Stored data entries

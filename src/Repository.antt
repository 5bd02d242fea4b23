-- ===== src/Repository.antt =====
-- repository.py: the tables that the broker and the engine write, as lists; the newest row of a table
-- stands first, which is the order in which the queries read it.
pub mod Keys
pub mod Nonces
pub mod Days
pub mod Codes
pub mod Plans
pub mod Ledger
pub mod Arming
pub mod Approvals
pub mod Issues
mod Tests
use ai_daytrader_sim.Prelude.{
  ℕ, String, Bool, true, false, ◌&&◌, ◌||◌, Option, none, some, List, [], ◌∷◌, str_eq,
  if◌then◌else◌,
}
use ai_daytrader_sim.Prelude.Text.{upper}
use ai_daytrader_sim.Models.{Market, same_market, OrderState, PlanStatus, TradePlan}

pub data Action : Type 0 where
  new cancel : Action

pub data Side : Type 0 where
  buy sell : Side

-- A row of `kis_order_intents`, with what `KISOrderIntent` (kis_orders.py) puts into it.
pub record OrderIntent (R : Type 0) : Type 0 where
  pub idempotency_key : String
  pub source_order_id : String
  pub plan_id : String
  pub market : Market
  pub symbol : String
  pub exchange : String
  pub action : Action
  pub side : Option Side
  pub quantity : ℕ
  pub limit_price : R
  pub reason : String

-- A row of `events`: the type of the event, its columns, and the part of its payload that is read.
pub data Event (R : Type 0) : Type 0 where
  order_state_changed : Market → (symbol plan_id : String) → OrderState → Event R
  paper_session_started : Market → (session_date : ℕ) → Event R
  paper_buy_filled :
      Market
      → (symbol plan_id : String) → (quantity : ℕ) → (price fees : R) → (cumulative : ℕ) → Event R
  paper_sell_filled :
      Market
      → (symbol plan_id : String) → OrderState
      → (reason : String) → (quantity : ℕ) → (price fees pnl : R) → Event R
  paper_position_closed :
      Market → (symbol plan_id : String) → (pnl fees : R) → (reason : String) → Event R
  kis_order_intent_recorded : Market → (symbol plan_id : String) → Action → Event R
  plan_stored : Market → (plan_id content_hash : String) → PlanStatus → (version : ℕ) → Event R
  plan_rejected : Market → (plan_id : String) → Event R
  plan_status_changed : Market → (plan_id : String) → (from to : PlanStatus) → Event R
  strategy_state_changed :
      Market → (symbol plan_id : String) → (from to : String) → (reason : String) → Event R
  rejected :
      (event_type : String) → Market → (symbol : String) → Option String → List String → Event R

-- A row of `nonces`; `used_at` is NULL until the code is used.
pub record NonceRow : Type 0 where
  pub market : Market
  pub trade_date : ℕ
  pub nonce_hash : String
  pub expires_at : ℕ
  pub used_at : Option ℕ

-- A row of `plans`. The payload, JSON in the program, is the plan itself.
pub record PlanRow (R : Type 0) : Type 0 where
  pub plan_id : String
  pub market : Market
  pub trade_date : ℕ
  pub status : PlanStatus
  pub content_hash : String
  pub payload : TradePlan R
  pub created_at : ℕ
  pub updated_at : ℕ

pub record Repository (R : Type 0) : Type 0 where
  pub nonces : List NonceRow
  pub plans : List (PlanRow R)
  pub events : List (Event R)
  pub idempotency_keys : List String
  pub kis_order_intents : List (OrderIntent R)

abbrev pub empty : {R : Type 0} → Repository R
empty = record {
  nonces = [];
  plans = [];
  events = [];
  idempotency_keys = [];
  kis_order_intents = [];
}

pub contains : String → List String → Bool
contains k [] = false
contains k (j ∷ ks) = str_eq j k || contains k ks

module _ {R : Type 0} where
  unfoldable pub add_event : Event R → Repository R → Repository R
  add_event e r = record r { events = e ∷ r.events }

  -- An insertion that breaks the primary key raises `IntegrityError`, and gives `False`.
  unfoldable pub claim_idempotency_key : String → Repository R → Bool × Repository R
  unfolding contains
  claim_idempotency_key key r =
      if contains key r.idempotency_keys
      then (false, r)
      else (true, record r { idempotency_keys = key ∷ r.idempotency_keys })

  pub has_intent : String → List (OrderIntent R) → Bool
  has_intent key [] = false
  has_intent key (i ∷ is) = str_eq i.idempotency_key key || has_intent key is

  unfoldable pub record_kis_order_intent : OrderIntent R → Repository R → Bool × Repository R
  unfolding has_intent
  record_kis_order_intent i r =
      if has_intent i.idempotency_key r.kis_order_intents then (false, r) else (
        true,
        record r { kis_order_intents = record i { symbol = upper i.symbol } ∷ r.kis_order_intents },
      )

  unfoldable pub latest_state : String → String → List (Event R) → Option OrderState
  latest_state plan_id symbol [] = none
  latest_state plan_id symbol (Event.order_state_changed m s p state ∷ es) =
      let rest = latest_state plan_id symbol es in
      if str_eq p plan_id && str_eq s symbol then some state else rest
  latest_state plan_id symbol (_ ∷ es) = latest_state plan_id symbol es

  unfoldable pub latest_order_state : String → String → Repository R → Option OrderState
  unfolding latest_state
  latest_order_state plan_id symbol r = latest_state plan_id (upper symbol) r.events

To do —
Write out each entry exactly, and omit nothing.

Your response —
filename src/Repository.antt
repository 5bd02d242fea4b23
-- ===== src/Repository.antt =====
-- repository.py: the tables that the broker and the engine write, as lists; the newest row of a table
-- stands first, which is the order in which the queries read it.
pub mod Keys
pub mod Nonces
pub mod Days
pub mod Codes
pub mod Plans
pub mod Ledger
pub mod Arming
pub mod Approvals
pub mod Issues
mod Tests
use ai_daytrader_sim.Prelude.{
  ℕ, String, Bool, true, false, ◌&&◌, ◌||◌, Option, none, some, List, [], ◌∷◌, str_eq,
  if◌then◌else◌,
}
use ai_daytrader_sim.Prelude.Text.{upper}
use ai_daytrader_sim.Models.{Market, same_market, OrderState, PlanStatus, TradePlan}

pub data Action : Type 0 where
  new cancel : Action

pub data Side : Type 0 where
  buy sell : Side

-- A row of `kis_order_intents`, with what `KISOrderIntent` (kis_orders.py) puts into it.
pub record OrderIntent (R : Type 0) : Type 0 where
  pub idempotency_key : String
  pub source_order_id : String
  pub plan_id : String
  pub market : Market
  pub symbol : String
  pub exchange : String
  pub action : Action
  pub side : Option Side
  pub quantity : ℕ
  pub limit_price : R
  pub reason : String

-- A row of `events`: the type of the event, its columns, and the part of its payload that is read.
pub data Event (R : Type 0) : Type 0 where
  order_state_changed : Market → (symbol plan_id : String) → OrderState → Event R
  paper_session_started : Market → (session_date : ℕ) → Event R
  paper_buy_filled :
      Market
      → (symbol plan_id : String) → (quantity : ℕ) → (price fees : R) → (cumulative : ℕ) → Event R
  paper_sell_filled :
      Market
      → (symbol plan_id : String) → OrderState
      → (reason : String) → (quantity : ℕ) → (price fees pnl : R) → Event R
  paper_position_closed :
      Market → (symbol plan_id : String) → (pnl fees : R) → (reason : String) → Event R
  kis_order_intent_recorded : Market → (symbol plan_id : String) → Action → Event R
  plan_stored : Market → (plan_id content_hash : String) → PlanStatus → (version : ℕ) → Event R
  plan_rejected : Market → (plan_id : String) → Event R
  plan_status_changed : Market → (plan_id : String) → (from to : PlanStatus) → Event R
  strategy_state_changed :
      Market → (symbol plan_id : String) → (from to : String) → (reason : String) → Event R
  rejected :
      (event_type : String) → Market → (symbol : String) → Option String → List String → Event R

-- A row of `nonces`; `used_at` is NULL until the code is used.
pub record NonceRow : Type 0 where
  pub market : Market
  pub trade_date : ℕ
  pub nonce_hash : String
  pub expires_at : ℕ
  pub used_at : Option ℕ

-- A row of `plans`. The payload, JSON in the program, is the plan itself.
pub record PlanRow (R : Type 0) : Type 0 where
  pub plan_id : String
  pub market : Market
  pub trade_date : ℕ
  pub status : PlanStatus
  pub content_hash : String
  pub payload : TradePlan R
  pub created_at : ℕ
  pub updated_at : ℕ

pub record Repository (R : Type 0) : Type 0 where
  pub nonces : List NonceRow
  pub plans : List (PlanRow R)
  pub events : List (Event R)
  pub idempotency_keys : List String
  pub kis_order_intents : List (OrderIntent R)

abbrev pub empty : {R : Type 0} → Repository R
empty = record {
  nonces = [];
  plans = [];
  events = [];
  idempotency_keys = [];
  kis_order_intents = [];
}

pub contains : String → List String → Bool
contains k [] = false
contains k (j ∷ ks) = str_eq j k || contains k ks

module _ {R : Type 0} where
  unfoldable pub add_event : Event R → Repository R → Repository R
  add_event e r = record r { events = e ∷ r.events }

  -- An insertion that breaks the primary key raises `IntegrityError`, and gives `False`.
  unfoldable pub claim_idempotency_key : String → Repository R → Bool × Repository R
  unfolding contains
  claim_idempotency_key key r =
      if contains key r.idempotency_keys
      then (false, r)
      else (true, record r { idempotency_keys = key ∷ r.idempotency_keys })

  pub has_intent : String → List (OrderIntent R) → Bool
  has_intent key [] = false
  has_intent key (i ∷ is) = str_eq i.idempotency_key key || has_intent key is

  unfoldable pub record_kis_order_intent : OrderIntent R → Repository R → Bool × Repository R
  unfolding has_intent
  record_kis_order_intent i r =
      if has_intent i.idempotency_key r.kis_order_intents then (false, r) else (
        true,
        record r { kis_order_intents = record i { symbol = upper i.symbol } ∷ r.kis_order_intents },
      )

  unfoldable pub latest_state : String → String → List (Event R) → Option OrderState
  latest_state plan_id symbol [] = none
  latest_state plan_id symbol (Event.order_state_changed m s p state ∷ es) =
      let rest = latest_state plan_id symbol es in
      if str_eq p plan_id && str_eq s symbol then some state else rest
  latest_state plan_id symbol (_ ∷ es) = latest_state plan_id symbol es

  unfoldable pub latest_order_state : String → String → Repository R → Option OrderState
  unfolding latest_state
  latest_order_state plan_id symbol r = latest_state plan_id (upper symbol) r.events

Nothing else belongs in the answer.